OLBIA. Il cameriere sardo era una figura onnipresente nei film vacanzieri anni ’80 dei Vanzina e Jerry Calà. Che la zona fosse la Versilia o la Puglia non mancavano mai un Gavino o un Efisio in giacca nera e camicia bianca, che finivano spesso bistrattati dal “cumenda“ lombardo o dal borgataro romano arricchito. Oggi la figura del cameriere sardo è a rischio di estinzione. Non al cinema, ma nella realtà. Da questa estate nei tre villaggi Valtur del nord dell’isola si parlerà solo ed esclusivamente romeno. Per chi negli anni ha fatto la stagione a Golfo Aranci al Colonna Beach, nell’isola di Santo Stefano o al Baia di Conte di Alghero le porte dei villaggi potrebbero restare chiuse: 300 sono le persone che rischiano di rimanere a spasso.

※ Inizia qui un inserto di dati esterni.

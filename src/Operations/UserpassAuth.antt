-- ===== src/Operations/UserpassAuth.antt =====
-- api/traits.rs: `UserpassAuthOperations`, and its blocking form.
use vault_client_rs.Prelude.{Bool, List}
use vault_client_rs.Prelude.Text.{Text}
use vault_client_rs.VaultResponse.{AuthInfo}
use vault_client_rs.EncodePath.{encode_path}
use vault_client_rs.Client.{VaultClient}
use vault_client_rs.Effect.{Env, World, M}
use vault_client_rs.Wire.{Decode}
use vault_client_rs.Auth.{password_login}
use vault_client_rs.Operations.{block_on}
use vault_client_rs.AuthAdmin.Userpass
use vault_client_rs.AuthAdmin.Userpass.{UserpassUserRequest, UserpassUserInfo}

pub record UserpassAuthOperations (F : Type 0 → Type 0) : Type 0 where
  pub login : Text → Text → F AuthInfo
  pub create_user : Text → UserpassUserRequest → F (Unit {0})
  pub read_user : Text → F UserpassUserInfo
  pub delete_user : Text → F (Unit {0})
  pub list_users : F (List Text)
  pub update_password : Text → Text → F (Unit {0})

-- The implementation by the handler, with the decoders of the responses.
unfoldable pub userpass_auth_handler :
    (env : Env) (waiting : World → World) (c : VaultClient) (mount : Text)
    (read_userpass_user_info : Decode UserpassUserInfo)
    → UserpassAuthOperations M
userpass_auth_handler env waiting c mount read_userpass_user_info = record {
  login = password_login env waiting c mount;
  create_user = Userpass.create_user env waiting c (encode_path mount);
  read_user = Userpass.read_user env waiting c (encode_path mount) read_userpass_user_info;
  delete_user = Userpass.delete_user env waiting c (encode_path mount);
  list_users = Userpass.list_users env waiting c (encode_path mount);
  update_password = Userpass.update_password env waiting c (encode_path mount);
}

-- `UserpassAuthHandler` of blocking/mod.rs.
unfoldable pub blocking_userpass_auth : Bool → UserpassAuthOperations M → UserpassAuthOperations M
unfolding block_on
blocking_userpass_auth in_runtime o = record {
  login = λ a b. block_on in_runtime (o.login a b);
  create_user = λ a b. block_on in_runtime (o.create_user a b);
  read_user = λ a. block_on in_runtime (o.read_user a);
  delete_user = λ a. block_on in_runtime (o.delete_user a);
  list_users = block_on in_runtime o.list_users;
  update_password = λ a b. block_on in_runtime (o.update_password a b);
}
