-- ===== src/Redaction/Reveals.antt =====
-- How much of a secret `redact` of types/redaction.rs shows.
use vault_client_rs.Prelude.{
  ◌≤◌, ◌<◌, ◌⊎◌, ◌≡◌, refl, [], ◌∷◌, ◌++◌, length, take, arith, ltb, if◌then◌else◌,
}
use vault_client_rs.Prelude.Text.{Text, codes}
use vault_client_rs.Redaction.{
  RedactionLevel, full, partial, unredacted, as_u8, redaction_level, redact,
}

-- What is set is read back.
pub redaction_level-as_u8 : (l : RedactionLevel) → redaction_level (as_u8 l) ≡ l
unfolding redaction_level as_u8
redaction_level-as_u8 full = refl
redaction_level-as_u8 partial = refl
redaction_level-as_u8 unredacted = refl

-- `partial` in terms of the length of the secret.
redact-partial :
    (a : Text)
    → redact partial a ≡ (if ltb 4 (length a) then take 4 a ++ codes "..." else codes "[REDACTED]")
unfolding redact
redact-partial [] = refl
redact-partial (p ∷ []) = refl
redact-partial (p ∷ q ∷ []) = refl
redact-partial (p ∷ q ∷ r ∷ []) = refl
redact-partial (p ∷ q ∷ r ∷ s ∷ []) = refl
redact-partial (p ∷ q ∷ r ∷ s ∷ t ∷ rest) = ground arith

-- At the level `full`, any two secrets are shown alike. At `partial`, so are two secrets of at most four
-- characters, and two longer ones that agree in their first four.
redact_hides :
    (a b : Text)
    → ((length a ≤ 4) × (length b ≤ 4)) ⊎ ((4 < length a) × (4 < length b) × (take 4 a ≡ take 4 b))
    → (redact full a ≡ redact full b) × (redact partial a ≡ redact partial b)
redact_hides a b h = (unfold redact in refl, rw (redact-partial a, redact-partial b) (ground arith))
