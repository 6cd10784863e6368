-- ===== src/Sys.antt =====
-- api/sys/: the system backend, a module per file.
pub mod Seal
pub mod Health
pub mod Mounts
pub mod Policy
pub mod Lease
pub mod Audit
pub mod Wrapping
pub mod Plugins
pub mod Raft
pub mod Namespaces
pub mod Quotas
pub mod Rekey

Lancia l’allarme è il segretario regionale Fisascat Cisl, l’olbiese Marco Demurtas. «La Valtur è una società sotto commissariamento _ spiega il dirigente sindacale _. Nelle scorse settimane il commissario ha dato l’ok per l’apertura estiva. Fin qui tutto bene, ma il reclutamento del personale è stato affidato a una società romena, che assume secondo le norme esistenti in Romania». Insomma, a Golfo Aranci, La Maddalena e Alghero la legge di Bucarest potrebbe avere la meglio su quella di Roma. A prima vista sembrerebbe un’assurdità giuridica, ma così non è. Tutto, infatti, ha origine nella direttiva Bolkestein, dal nome di un liberista olandese, commissario europeo ai tempi di Prodi presidente, che sancisce la libera circolazione dei servizi in ambito europeo. La direttiva, recepita un anno fa dall’Italia, adotta il principio del paese di origine: l’imprenditore che si sposta in un diverso paese europeo deve rispettare la legge del suo stato. «Inevitabilmente la società assumerà lavoratori romeni _ spiega Demurtas _. In Romania i salari sono più bassi e di conseguenza si preferirà procedere all’assunzione di loro concittadini. Due anni fa avevamo scongiurato il pericolo, mentre nella passata stagione i romeni erano già numerosi. Quest’anno, però, il rischio è che dei vecchi stagionali non ne resti neanche uno. Questo è uno svuotamento inaccettabile e la politica non può fare finta di niente. In una terra come la nostra, già alle prese con una disoccupazione che non ha precedenti, non si può assistere in silenzio a questo scenario. Nulla contro i romeni, loro vengono a lavorare per la pagnotta, ma dividere la pagnotta dove non c’è mi sembra una cosa inammissibile. I sindaci di Golfo Aranci e La Maddalena devono difendere i loro cittadini, magari chiedendo anche un confronto col commissario della Valtur per illustrare la situazione nell’isola. Non è solo un problema sindacale, ma è una questione sociale _ conclude Demurtas, affiancato in questa battaglia dalla dirigente Fisascat Eleonora Careddu _. Se dovesse passare il principio della direttiva dovremmo riconsiderare quali benefici portano strutture come la Valtur all’economia dell’isola. Sfruttano il nostro territorio senza lasciare nulla». I 3 villaggi Valtur isolani apriranno i battenti il 4 giugno per chiudere a metà settembre. Appena 3 mesi di stagione che, però, per 300 lavoratori ne valgono 12.